で、実際クラスメイトの反応はどうだったんだい?

なになに?

「『マッチョポーズ』も『耳あてポーズ』も『イチバ~ン!!』も、ほとんどスルーされた(特に女子に)」

だって!

なるほどな。日本ってのは、そういう「勝った喜びは相手には見せつけずに自分で噛み締める」というのを美徳とする感じの文化なのかもわからんな。

あと、女子ってのはいつの時代も基本的には「戦う」ことは好きじゃない人が多いみたいだな。

まあ、いいだろう。

あと聞いたぞ、おい。

プールの自由時間のプロレスごっこで、君は「大流血事件」を起こしたそうじゃないか?

その日はハンセンに扮した君に圧倒されていた僕ホーガンに扮したプロレス仲間が、「窮鼠猫を噛む」が如く放った反撃の『アックスボンバー』が君の鼻っ柱にクリーンヒットし大流血した君は、そこから1時間鼻血が止まらずに保健室で寝ていたそうじゃないか。

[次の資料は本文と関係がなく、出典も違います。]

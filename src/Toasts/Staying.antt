-- ===== src/Toasts/Staying.antt =====
-- How long a notice stays.
use mathlib.Core.Path.{subst}
use pikoci.Base.{
  String, ℕ, ◌+◌, ◌≤◌, ◌<◌, Bool, true, false, not, none, some, List, [], ◌∷◌, ◌++◌, map, filter,
  ◌≡◌, refl, sym, arith, contains, ◌==◌, ==_refl, number_equality, text_equality, Bool-cases,
  Option, inl, inr, All, All-append,
}
use pikoci.Toasts.{
  Toasts, Toast, Task, Timer, dismissing, removing, set_show, show_toast, dismiss_toast,
  remove_toast, reveal, do_task, draw_frame, take_due, fire_task, Event, shown, closed, framed,
  waited, fired, mounted, unmounted, step, run, loaded, toast_ids, duration,
}
use pikoci.Toasts.Leaving.{
  IsTaken, take_due-IsTaken, Takes, here, there, Takes-All, either_state, toast_ids-set_show,
  toast_last,
}

-- The first moment that a task of an id may come.
abbrev pub earliest : Task → ℕ
earliest (dismissing id) = id + 4000
earliest (removing id) = id + 4300

abbrev pub IsPatient : Timer → Type 0
IsPatient t = earliest t.task ≤ t.due

-- Nobody closes a notice, and the component stays.
abbrev pub IsUntouched : Event → Type 0
IsUntouched (closed id) = ⊥
IsUntouched mounted = ⊥
IsUntouched unmounted = ⊥
IsUntouched _ = Unit

-- The notice with an id, if one was shown, is there until its time is over.
record IsKept (was_shown : Bool) (id : ℕ) (s : Toasts) : Type 0 where
  pub on : s.registered ≡ true
  pub patient : All IsPatient s.timers
  pub kept : was_shown ≡ true → s.now < id + 4300 → contains (toast_ids s.toasts) id ≡ true

-- The timer that was taken is due.
Takes-due :
    (now : ℕ) (ts : List Timer) (task : Task) (rest : List Timer)
    → Takes now ts task rest
    → All IsPatient ts
    → IsPatient (record { due = now; task = task })
Takes-due now _ _ _ (here t ts h) a = omega (arith, h, a.0)
Takes-due now _ _ _ (there t ts rest task k) a = Takes-due now ts task rest k a.1

filter_keeps :
    (i id : ℕ) (ts : List Toast)
    → (i == id) ≡ false
    → contains (toast_ids ts) id ≡ true
    → contains (toast_ids (filter (λ t. not (t.id == i)) ts)) id ≡ true
unfolding contains
filter_keeps i id [] e h = h
filter_keeps i id (t ∷ ts) e h = ground (arith, filter_keeps i id ts e)

duration_ge : (kind : String) → 4000 ≤ duration kind
unfolding duration
duration_ge kind = elim (Bool-cases (kind == "error")) [
  | inl e ↦ rw e (omega arith)
  | inr e ↦ rw e (omega arith)
]

shown_last :
    (ts : List Toast) (t : Toast) (id : ℕ)
    → contains (toast_ids ts) id ≡ true
    → contains (toast_ids (ts ++ t ∷ [])) id ≡ true
shown_last ts t id h = ground (arith, toast_last ts t id, h)

hidden_kept :
    (i id : ℕ) (b : Bool) (ts : List Toast)
    → contains (toast_ids ts) id ≡ true
    → contains (toast_ids (map (set_show i b) ts)) id ≡ true
hidden_kept i id b ts h = subst (λ l. contains l id ≡ true) (sym (toast_ids-set_show i b ts)) h

show_toast-IsKept :
    (b : Bool) (msg kind : String) (id : ℕ) (s : Toasts)
    → IsKept b id s
    → IsKept b id (show_toast msg kind s)
unfolding show_toast
show_toast-IsKept b msg kind id s a =
    either_state (IsKept b id) s.registered _ s
      (λ e. record {
        on = a.on;
        patient = All-append IsPatient s.timers _ a.patient (omega (arith, duration_ge kind), tt);
        kept = λ w h. shown_last s.toasts _ id (a.kept w h);
      })
      (λ e. a)

do_task-IsKept :
    (b : Bool) (task : Task) (id : ℕ) (s : Toasts)
    → earliest task ≤ s.now
    → IsKept b id s
    → IsKept b id (do_task task s)
unfolding do_task dismiss_toast remove_toast
do_task-IsKept b (dismissing i) id s d a =
    either_state (IsKept b id) s.registered _ s
      (λ e. record {
        on = a.on;
        patient = All-append IsPatient s.timers _ a.patient (omega (arith, d), tt);
        kept = λ w h. hidden_kept i id false s.toasts (a.kept w h);
      })
      (λ e. a)
do_task-IsKept b (removing i) id s d a =
    either_state (IsKept b id) s.registered _ s
      (λ e. record {
        on = a.on;
        patient = a.patient;
        kept = λ w h. filter_keeps i id s.toasts (ground (arith, d, h)) (a.kept w h);
      })
      (λ e. a)

fire_task-IsKept :
    (b : Bool) (o : Option (Task × List Timer)) (id : ℕ) (s : Toasts)
    → IsTaken s.now s.timers o
    → IsKept b id s
    → IsKept b id (fire_task o s)
unfolding fire_task
fire_task-IsKept b none id s k a = a
fire_task-IsKept b (some (task, rest)) id s k a =
    do_task-IsKept b task id (record s { timers = rest })
      (Takes-due s.now s.timers task rest k a.patient)
      (record {
        on = a.on;
        patient = Takes-All IsPatient s.now s.timers task rest k a.patient;
        kept = a.kept;
      })

draw_frame-IsKept :
    (b : Bool) (ids : List ℕ) (id : ℕ) (s : Toasts) → IsKept b id s → IsKept b id (draw_frame ids s)
unfolding draw_frame reveal
draw_frame-IsKept b [] id s a = a
draw_frame-IsKept b (i ∷ ids) id s a =
    either_state (IsKept b id) s.registered _ _
      (λ e. record {
        on = a.on;
        patient = a.patient;
        kept = λ w h. hidden_kept i id true s.toasts (a.kept w h);
      })
      (λ e. record { on = a.on; patient = a.patient; kept = a.kept })

step-IsKept :
    (b : Bool) (e : Event) (id : ℕ) (s : Toasts)
    → IsUntouched e
    → IsKept b id s
    → IsKept b id (step e s)
unfolding step
step-IsKept b (shown msg kind) id s u a = show_toast-IsKept b msg kind id s a
step-IsKept b (closed i) id s u a = absurd u
step-IsKept b framed id s u a = draw_frame-IsKept b s.frames id s a
step-IsKept b (waited n) id s u a = record {
  on = a.on;
  patient = a.patient;
  kept = λ w h. a.kept w (omega (arith, h));
}
step-IsKept b (fired k) id s u a =
    fire_task-IsKept b (take_due s.now k s.timers) id s (take_due-IsTaken s.now k s.timers) a
step-IsKept b mounted id s u a = absurd u
step-IsKept b unmounted id s u a = absurd u

run-IsKept :
    (b : Bool) (events : List Event) (id : ℕ) (s : Toasts)
    → All IsUntouched events
    → IsKept b id s
    → IsKept b id (run events s)
unfolding run
run-IsKept b [] id s u a = a
run-IsKept b (e ∷ events) id s u a =
    run-IsKept b events id (step e s) u.1 (step-IsKept b e id s u.0 a)

-- `Notice` was mounted, and `events` happened.
abbrev pub after : ℕ → List Event → Toasts
after now events = run events (step mounted (loaded now))

shown_first :
    (s : Toasts) (msg kind : String) → IsKept false 0 s → IsKept true s.now (show_toast msg kind s)
unfolding show_toast
shown_first s msg kind a =
    either_state (IsKept true s.now) s.registered _ s
      (λ e. record {
        on = e;
        patient = All-append IsPatient s.timers _ a.patient (omega (arith, duration_ge kind), tt);
        kept = λ w h. ground (
          arith,
          toast_last s.toasts (record { id = s.now; msg = msg; kind = kind; show = false }) s.now,
          ==_refl s.now,
        );
      })
      (λ e. cc)

-- As long as nobody closes a notice and the component stays mounted, a notice that was shown is
-- there at every moment less than 4300 ms later, in whatever order the timers that are due fire.
pub show_toast_stays :
    (now : ℕ) (before events : List Event) (msg kind : String)
    → All IsUntouched before
    → All IsUntouched events
    → (run events (show_toast msg kind (after now before))).now < (after now before).now + 4300
    → contains
        (toast_ids (run events (show_toast msg kind (after now before))).toasts)
        (after now before).now
      ≡ true
unfolding step
show_toast_stays now before events msg kind u v h =
    let start : IsKept false 0 (step mounted (loaded now)) = record {
      on = refl;
      patient = tt;
      kept = λ w. cc;
    } in
    let s = after now before in
    let k =
      shown_first s msg kind (run-IsKept false before 0 (step mounted (loaded now)) u start) in
    (run-IsKept true events s.now (show_toast msg kind s) v k).kept refl h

それは災難だったが、翌日もやっぱり「プロレスごっこ」をしてくれたらしいな。素晴らしいぞ。君のその「プロレス愛」には心から敬意を表そうと思う。

そういったたくさんの『愛』に、我々プロレスラーは支えられてきたんだ。

でだ。

実はようかん君。君の「1番好きなプロレスラー」はミーじゃなくて、リック・フレアーだよな?

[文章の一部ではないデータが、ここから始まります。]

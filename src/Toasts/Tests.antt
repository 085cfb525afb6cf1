-- ===== src/Toasts/Tests.antt =====
-- Runs of the notices.
use pikoci.Base.{
  ◌≡◌, true, refl, List, [], ◌∷◌, map, arith, contains, text_equality, number_equality,
}
use pikoci.Toasts.{
  set_show, show_toast, dismiss_toast, remove_toast, reveal, do_task, draw_frame, take_due,
  fire_task, Event, shown, framed, waited, fired, mounted, step, run, loaded, duration,
}
use pikoci.Toasts.Draining.{waits, waits_clear}
use pikoci.Toasts.Staying.{after, show_toast_stays}

-- A failure and a success of the same millisecond.
abbrev two_shown : List Event
two_shown =
    mounted ∷ waited 10 ∷ shown "no connection" "error" ∷ shown "saved" "success" ∷ framed ∷ []

-- They have one id, and the timer of the success takes both away.
same_moment :
    (run (waited 4000 ∷ fired 1 ∷ waited 300 ∷ fired 1 ∷ []) (run two_shown (loaded 0))).toasts ≡ []
unfolding run step show_toast dismiss_toast remove_toast reveal do_task draw_frame take_due
    fire_task duration set_show
same_moment = refl

waits_clear_example : (run (waits 4) (run two_shown (loaded 0))).toasts ≡ []
unfolding run step show_toast reveal draw_frame duration
waits_clear_example = waits_clear 0 two_shown 4 (omega arith)

show_toast_stays_example :
    contains
      (map
        (λ t. t.id)
        (run
          (framed ∷ waited 4000 ∷ fired 1 ∷ [])
          (show_toast "saved" "success" (after 5 (shown "ready" "info" ∷ waited 20 ∷ [])))).toasts)
      25
    ≡ true
unfolding run step show_toast dismiss_toast remove_toast reveal do_task draw_frame take_due
    fire_task duration set_show
show_toast_stays_example =
    show_toast_stays 5 (shown "ready" "info" ∷ waited 20 ∷ []) (framed ∷ waited 4000 ∷ fired 1 ∷ [])
      "saved" "success" (tt, (tt, tt)) (tt, (tt, (tt, tt))) (omega arith)
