-- ===== src/Tracking.antt =====
-- The builds that a tracked version went through (`fetchTrackedBuilds` of JobBuilds in
-- components/Jobs.js): the first resource that answers with a path decides.
-- An answer with a path also has its resource.
pub mod Path
mod Tests
use pikoci.Base.{
  ℕ, suc, String, Bool, true, false, not, ◌&&◌, ◌||◌, Option, none, some, List, [], ◌∷◌, ◌++◌, find,
  or_empty, text_equality, number_equality, ◌==◌, if◌then◌else◌,
}

pub record PathEntry : Type 0 where
  pub job_name : String
  pub build : Option ℕ  -- its id
  pub retries : Option (List ℕ)  -- their ids

pub record PathData : Type 0 where
  pub path : Option (List PathEntry)
  pub canonical : String  -- of `resource`
  pub version : Option (List (String × String))  -- of `resource`, its own properties

-- `trackedBuildIDsRef.current` and the banner: a resource and a version of it.
pub record Tracked : Type 0 where
  pub ids : Option (List ℕ)
  pub banner : Option (String × String)

-- The part of the loop over a path that one entry is.
unfoldable pub entry_ids : String → PathEntry → List ℕ
entry_ids jn e = elim e.build [
  | none ↦ []
  | some b ↦ if e.job_name == jn then b ∷ or_empty e.retries else []
]

unfoldable pub path_ids : String → List PathEntry → List ℕ
path_ids jn [] = []
path_ids jn (e ∷ es) = entry_ids jn e ++ path_ids jn es

unfoldable pub has_path : Option (Option PathData) → Bool
has_path none = false
has_path (some none) = false
has_path (some (some d)) = elim (or_empty d.path) [ [] ↦ false | _ ∷ _ ↦ true ]

-- `v[k] || rest`
unfoldable pub field_or : String → List (String × String) → String → String
field_or k [] rest = rest
field_or k ((name, value) ∷ more) rest =
    if name == k then (if value == "" then rest else value) else field_or k more rest

unfoldable pub first_field : List (String × String) → String
first_field [] = ""
first_field ((k, value) ∷ more) = Prim.Native.String.◌++◌ k (Prim.Native.String.◌++◌ ": " value)

-- `v.ref || v.digest || v.tag || …`
unfoldable pub banner_ref : List (String × String) → String
banner_ref v = field_or "ref" v (field_or "digest" v (field_or "tag" v (first_field v)))

unfoldable pub track : String → PathData → Tracked
track jn d = record {
  ids = some (path_ids jn (or_empty d.path));
  banner = some (d.canonical, banner_ref (or_empty d.version));
}

-- The loop over the settled answers, one for each resource: `none` where it was rejected, `some none`
-- where it has no data.
unfoldable pub track_first : String → List (Option (Option PathData)) → Tracked → Tracked
track_first jn [] s = s
track_first jn (none ∷ answers) s = track_first jn answers s
track_first jn (some none ∷ answers) s = track_first jn answers s
track_first jn (some (some d) ∷ answers) s =
    if has_path (some (some d)) then track jn d else track_first jn answers s

-- `fetchTrackedBuilds`: `answers` is `none` where the list of resources is not read.
unfoldable pub fetch_tracked :
    String → Option ℕ → Option (List (Option (Option PathData))) → Tracked → Tracked
fetch_tracked jn none answers s = s
fetch_tracked jn (some version) none s = s
fetch_tracked jn (some version) (some answers) s =
    if version == 0 then s else track_first jn answers s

ほらほら。君の「ギクッ」っていう心の声が聞こえてきたぞ😆

まあ、リックは僕と同じ「WWF(現・WWE)の大スター」であり、僕のライバルであり親友でもあったから、懐の大きな僕は君を「条件付き」で許してやることにしようと思う。

☆今年いっぱいは喪に服し、息子さんたちとのプロレスごっこにおいては、リックの「Wooooo!!」とスタンの「ウィ~!!」の両「決めゼリフ」を禁じ、代わりに「イチバ~ン!!」を使う。

☆最近「耳あてポーズ」を気に入って使い始めた次男君に僕ハルク・ホーガンさんの存在を教え、かつプロレスの奥深さを伝える。

☆プロレスを死ぬまで愛し続ける。

これが『条件』だ。プロレスファンの君なら、簡単な話だろ?

時を超えて次男君が「ハルカマニア」になったら、こんな最高なことはないよな。

そんなに寂しがるな、ようかん。僕がこの世にいなくとも、プロレスは最高に面白いぞ。

さあ、息子さんたちを呼んできて最後に一緒に唱和してくれないか?

「イチバ~ン!!」

ミーを想ってくれて、ありがとな💪

松下友香さんのこちらの企画に参加させていただきます。よろしくお願いいたします🙇‍♂️

「ミスタープロ野球」の長嶋茂雄さんに続いて、「ミスターWWF」のハルク・ホーガンさんもですか

自分の好きな世界の「レジェンド」が亡くなるのは、こんなにも寂しいものなんですね。まあ、それだけ私も年をとったということなんでしょう。

昨日息子たちを市営プールで連れていって遊んだ際に、次男がプロレスごっこで私仕込みの「耳あてポーズ」をしたのを見てちょっぴりおセンチになりまて、一気にこの文章を書きました。

ハルク・ホーガンさん。幼き日の私に楽しみを提供してくださり、本当にありがとうございました。